How to make a fast context switch from one process

I need to run unsafe native code on a sandbox process and I need to reduce bottleneck of process switch. Both processes (controller and sandbox) shares two auto-reset events and a coherent view of a mapped file (shared memory) that is used for communication.

To make this article smaller, I removed initializations from sample code, but the events are created by the controller, duplicated using DuplicateHandle, and then sent to sandbox process prior to work.

Controller source:

void inSandbox(HANDLE hNewRequest, HANDLE hAnswer, volatile int *shared) {
  int before = *shared;
  for (int i = 0; i < 100000; ++i) {
    // Notify sandbox of a new request and wait for answer.
    SignalObjectAndWait(hNewRequest, hAnswer, INFINITE, FALSE);
  }
  assert(*shared == before + 100000);
}

void inProcess(volatile int *shared) {
  int before = *shared;
  for (int i = 0; i < 100000; ++i) {
    newRequest(shared);
  }
  assert(*shared == before + 100000);
}

void newRequest(volatile int *shared) {
  // In this test, the request only increments an int.
  (*shared)++;
}

Sandbox source:

void sandboxLoop(HANDLE hNewRequest, HANDLE hAnswer, volatile int *shared) {
  // Wait for the first request from controller.
  assert(WaitForSingleObject(hNewRequest, INFINITE) == WAIT_OBJECT_0);
  for(;;) {
    // Perform request.
    newRequest(shared);
    // Notify controller and wait for next request.
    SignalObjectAndWait(hAnswer, hNewRequest, INFINITE, FALSE);
  }
}

void newRequest(volatile int *shared) {
  // In this test, the request only increments an int.
  (*shared)++;
}

Measurements:

inSandbox() - 550ms, ~350k context switches, 42% CPU (25% kernel, 17% user).
inProcess() - 20ms, ~2k context switches, 55% CPU (2% kernel, 53% user).

The machine is Windows 7 Pro, Core 2 Duo P9700 with 8gb of memory.

An interesting fact is that sandbox solution uses 42% of CPU vs 55% of in-process solution.
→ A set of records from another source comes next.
-- ===== src/UrlGuard.antt =====
-- src/url_guard.rs: which addresses a source may name.
pub mod Addresses
pub mod Blocks
mod Tests
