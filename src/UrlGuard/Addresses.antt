-- ===== src/UrlGuard/Addresses.antt =====
-- src/url_guard.rs: `is_public_ip`, with the tests of `std::net` on addresses that it uses.
use curator_rs.Prelude.{ℕ, ◌-◌, ◌/◌, ◌%◌, Bool, ◌&&◌, ◌||◌, not, leb, ◌==◌}

-- Octets are below 256.
pub record Ipv4Addr : Type 0 where
  pub a : ℕ
  pub b : ℕ
  pub c : ℕ
  pub d : ℕ

-- The eight segments of sixteen bits.
pub record Ipv6Addr : Type 0 where
  pub s0 : ℕ
  pub s1 : ℕ
  pub s2 : ℕ
  pub s3 : ℕ
  pub s4 : ℕ
  pub s5 : ℕ
  pub s6 : ℕ
  pub s7 : ℕ

pub data IpAddr : Type 0 where
  v4 : Ipv4Addr → IpAddr
  v6 : Ipv6Addr → IpAddr

abbrev pub between : ℕ → ℕ → ℕ → Bool
between first last n = leb first n && leb n last

-- `is_unspecified`, `is_loopback`, `is_private`, `is_link_local`, `is_broadcast` and `is_multicast`
-- in this order, then the ranges that the source writes out.
unfoldable pub is_public_ipv4 : Ipv4Addr → Bool
is_public_ipv4 x = not (
    x.a == 0 && x.b == 0 && x.c == 0 && x.d == 0
    || x.a == 127
    || (x.a == 10 || x.a == 172 && between 16 31 x.b || x.a == 192 && x.b == 168)
    || x.a == 169 && x.b == 254
    || x.a == 255 && x.b == 255 && x.c == 255 && x.d == 255
    || between 224 239 x.a
    || x.a == 100 && between 64 127 x.b
    || x.a == 198 && between 18 19 x.b
    || x.a == 192 && (x.b == 0 || x.b == 2 || x.b == 168)
    || x.a == 198 && x.b == 51
    || x.a == 203 && x.b == 0
    || leb 224 x.a)

abbrev pub front_is_zero : Ipv6Addr → Bool
front_is_zero x =
    x.s0 == 0 && x.s1 == 0 && x.s2 == 0 && x.s3 == 0 && x.s4 == 0 && x.s5 == 0 && x.s6 == 0

-- `is_unspecified`, `is_loopback`, `is_multicast` and `is_unicast_link_local`, then `fc00::/7`. The
-- masks keep the upper bits of a number.
unfoldable pub is_public_ipv6 : Ipv6Addr → Bool
is_public_ipv6 x =
    let first = x.s0 / 256 in
    not (
      front_is_zero x && x.s7 == 0
      || front_is_zero x && x.s7 == 1
      || first == 0xff
      || x.s0 - x.s0 % 64 == 0xfe80
      || first - first % 2 == 0xfc)

unfoldable pub is_public_ip : IpAddr → Bool
is_public_ip (v4 x) = is_public_ipv4 x
is_public_ip (v6 x) = is_public_ipv6 x
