-- ===== src/UrlGuard/Blocks.antt =====
-- src/url_guard.rs, `is_public_ip`: the blocks of addresses that it keeps out.
use curator_rs.Prelude.{
  ℕ, ◌+◌, ◌*◌, ◌<◌, ◌≡◌, Bool, true, false, not, List, [], ◌∷◌, arith, any, ◌&&◌, leb, ◌==◌, ◌||◌,
  refl, sym, ap, ◌∙◌,
}
use curator_rs.UrlGuard.Addresses.{
  between, Ipv4Addr, Ipv6Addr, v4, v6, is_public_ip, is_public_ipv4, is_public_ipv6,
}

-- An address as a number of 32 bits.
unfoldable pub number : Ipv4Addr → ℕ
number x = ((x.a * 256 + x.b) * 256 + x.c) * 256 + x.d

unfoldable pub lies_in : ℕ → ℕ × ℕ → Bool
lies_in n block = leb block.0 n && leb n block.1

-- The first and the last address of each block: 0.0.0.0/32, 10/8, 100.64/10, 127/8, 169.254/16,
-- 172.16/12, 192.0/16, 192.2/16, 192.168/16, 198.18/15, 198.51/16, 203.0/16 and 224/3.
abbrev pub kept_out : List (ℕ × ℕ)
kept_out =
    (0, 0)
    ∷ (167772160, 184549375)
    ∷ (1681915904, 1686110207)
    ∷ (2130706432, 2147483647)
    ∷ (2851995648, 2852061183)
    ∷ (2886729728, 2887778303)
    ∷ (3221225472, 3221291007)
    ∷ (3221356544, 3221422079)
    ∷ (3232235520, 3232301055)
    ∷ (3323068416, 3323199487)
    ∷ (3325231104, 3325296639)
    ∷ (3405774848, 3405840383)
    ∷ (3758096384, 4294967295)
    ∷ []

or_cong : {a a' b b' : Bool} → a ≡ a' → b ≡ b' → (a || b) ≡ (a' || b')
or_cong p q = cc

-- The source's order of the tests, and theirs.
reordered :
    (z l p q e b0 b2 b168 ll br mc c t s u hi : Bool)
    → (br && not hi) ≡ false
    → (mc && not hi) ≡ false
    → not (
        z
        || l
        || (p || q || e && b168)
        || ll
        || br
        || mc
        || c
        || t
        || e && (b0 || b2 || b168)
        || s
        || u
        || hi)
      ≡ not (
          z
          || (p
              || (c
                  || (l
                      || (ll
                          || (q
                              || (e && b0
                                  || (e && b2
                                      || (e && b168 || (t || (s || (u || (hi || false)))))))))))))
reordered z l p q e b0 b2 b168 ll br mc c t s u true v w = ground arith
reordered z l p q e b0 b2 b168 ll br mc c t s u false v w = ground arith

module _ (x : Ipv4Addr) (h : x.b < 256) (i : x.c < 256) (j : x.d < 256) where
  lies_in-octet : (k : ℕ) → lies_in (number x) (k * 16777216, k * 16777216 + 16777215) ≡ (x.a == k)
  unfolding lies_in number
  lies_in-octet k = ground arith

  lies_in-octets :
      (k l m : ℕ)
      → m < 256
      → lies_in (number x) (k * 16777216 + l * 65536, k * 16777216 + m * 65536 + 65535)
        ≡ (x.a == k && between l m x.b)
  unfolding lies_in number
  lies_in-octets k l m t = ground arith

  lies_in-pair :
      (k l : ℕ)
      → l < 256
      → lies_in (number x) (k * 16777216 + l * 65536, k * 16777216 + l * 65536 + 65535)
        ≡ (x.a == k && x.b == l)
  unfolding lies_in number
  lies_in-pair k l t = ground arith

  lies_in-zero : lies_in (number x) (0, 0) ≡ (x.a == 0 && x.b == 0 && x.c == 0 && x.d == 0)
  unfolding lies_in number
  lies_in-zero = ground arith

  lies_in-upper : x.a < 256 → lies_in (number x) (3758096384, 4294967295) ≡ leb 224 x.a
  unfolding lies_in number
  lies_in-upper t = ground arith

  -- The tests of the blocks, in their order.
  tests : Bool
  tests =
      x.a == 0 && x.b == 0 && x.c == 0 && x.d == 0
      || (x.a == 10
          || (x.a == 100 && between 64 127 x.b
              || (x.a == 127
                  || (x.a == 169 && x.b == 254
                      || (x.a == 172 && between 16 31 x.b
                          || (x.a == 192 && x.b == 0
                              || (x.a == 192 && x.b == 2
                                  || (x.a == 192 && x.b == 168
                                      || (x.a == 198 && between 18 19 x.b
                                          || (x.a == 198 && x.b == 51
                                              || (x.a == 203 && x.b == 0
                                                  || (leb 224 x.a || false))))))))))))

  any-tests : x.a < 256 → any (lies_in (number x)) kept_out ≡ tests
  unfolding tests
  any-tests t = or_cong lies_in-zero (
      or_cong (lies_in-octet 10) (
        or_cong (lies_in-octets 100 64 127 (omega arith)) (
          or_cong (lies_in-octet 127) (
            or_cong (lies_in-pair 169 254 (omega arith)) (
              or_cong (lies_in-octets 172 16 31 (omega arith)) (
                or_cong (lies_in-pair 192 0 (omega arith)) (
                  or_cong (lies_in-pair 192 2 (omega arith)) (
                    or_cong (lies_in-pair 192 168 (omega arith)) (
                      or_cong (lies_in-octets 198 18 19 (omega arith)) (
                        or_cong (lies_in-pair 198 51 (omega arith)) (
                          or_cong (lies_in-pair 203 0 (omega arith))
                            (or_cong (lies_in-upper t) refl))))))))))))

  multicast-upper : (between 224 239 x.a && not (leb 224 x.a)) ≡ false
  multicast-upper = ground arith

  broadcast-upper :
      ((x.a == 255 && x.b == 255 && x.c == 255 && x.d == 255) && not (leb 224 x.a)) ≡ false
  broadcast-upper = ground arith

  public-tests : is_public_ip (v4 x) ≡ not tests
  unfolding is_public_ip is_public_ipv4 tests
  public-tests =
      reordered (x.a == 0 && x.b == 0 && x.c == 0 && x.d == 0) (x.a == 127) (x.a == 10)
        (x.a == 172 && between 16 31 x.b) (x.a == 192) (x.b == 0) (x.b == 2) (x.b == 168)
        (x.a == 169 && x.b == 254) (x.a == 255 && x.b == 255 && x.c == 255 && x.d == 255)
        (between 224 239 x.a) (x.a == 100 && between 64 127 x.b) (x.a == 198 && between 18 19 x.b)
        (x.a == 198 && x.b == 51) (x.a == 203 && x.b == 0) (leb 224 x.a) broadcast-upper
        multicast-upper

  -- An IPv4 address, its octets below 256, is public exactly if it lies in none of the blocks that
  -- are kept out.
  pub is_public_ipv4_blocks :
      x.a < 256 → is_public_ip (v4 x) ≡ not (any (lies_in (number x)) kept_out)
  is_public_ipv4_blocks t = public-tests ∙ ap not (sym (any-tests t))

-- The address `::ffff:a.b.c.d` that stands for an IPv4 address.
abbrev pub mapped : Ipv4Addr → Ipv6Addr
mapped x = record {
  s0 = 0;
  s1 = 0;
  s2 = 0;
  s3 = 0;
  s4 = 0;
  s5 = 65535;
  s6 = x.a * 256 + x.b;
  s7 = x.c * 256 + x.d;
}

-- The address `::ffff:a.b.c.d` of every IPv4 address is public: also where the IPv4 address itself is
-- that of the machine or of the local network.
pub is_public_ip-mapped : (x : Ipv4Addr) → is_public_ip (v6 (mapped x)) ≡ true
unfolding is_public_ip is_public_ipv6
is_public_ip-mapped x = ground arith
Another noteworthy fact is that sandbox solution contains 350k context switches, which is much more than the 200k context switches that we can infer from source code.

I need to know if there's a way to reduce the overhead of transfer control to another process. I already tried to use pipes instead of events, and it was much worse. I also tried to use no event at all, by making the sandbox call SuspendThread(GetCurrentThread()) and making the controller call ResumeThread(hSandboxThread) on every request, but the performance was similar to using events.

If you have a solution that uses assembly (like performing a manual context switch) or Windows Driver Kit, please let me know as well. I don't mind having to install a driver to make this faster.

I heard that Google Native Client does something similar, but I only found this documentation. If you have more information, please let me know.

The first thing to try is raising the priority of the waiting thread. This should reduce the number of extraneous context switches.

Alternatively, since you're on a 2-core system, using spinlocks instead of events would make your code much much faster, at the cost of system performance and power consumption:

void inSandbox(volatile int *lock, volatile int *shared) 
{
  int i, before = *shared;
  for (i = 0; i < 100000; ++i) {
    *lock = 1;
    while (*lock != 0) { }
  }
  assert(*shared == before + 100000);
}

void newRequest(volatile int *shared) {
  // In this test, the request only increments an int.
  (*shared)++;
}

void sandboxLoop(volatile int *lock, volatile int * shared)
{
  for(;;) {
    while (*lock != 1) { }
    newRequest(shared);
    *lock = 0;
  }
}

In this scenario, you should probably set thread affinity masks and/or lower the priority of the spinning thread so that it doesn't compete with the busy thread for CPU time.

Ideally, you'd use a hybrid approach. When one side is going to be busy for a while, let the other side wait on an event so that other processes can get some CPU time. You could trigger the event a little ahead of time (using the spinlock to retain synchronization) so that the other thread will be ready when you are.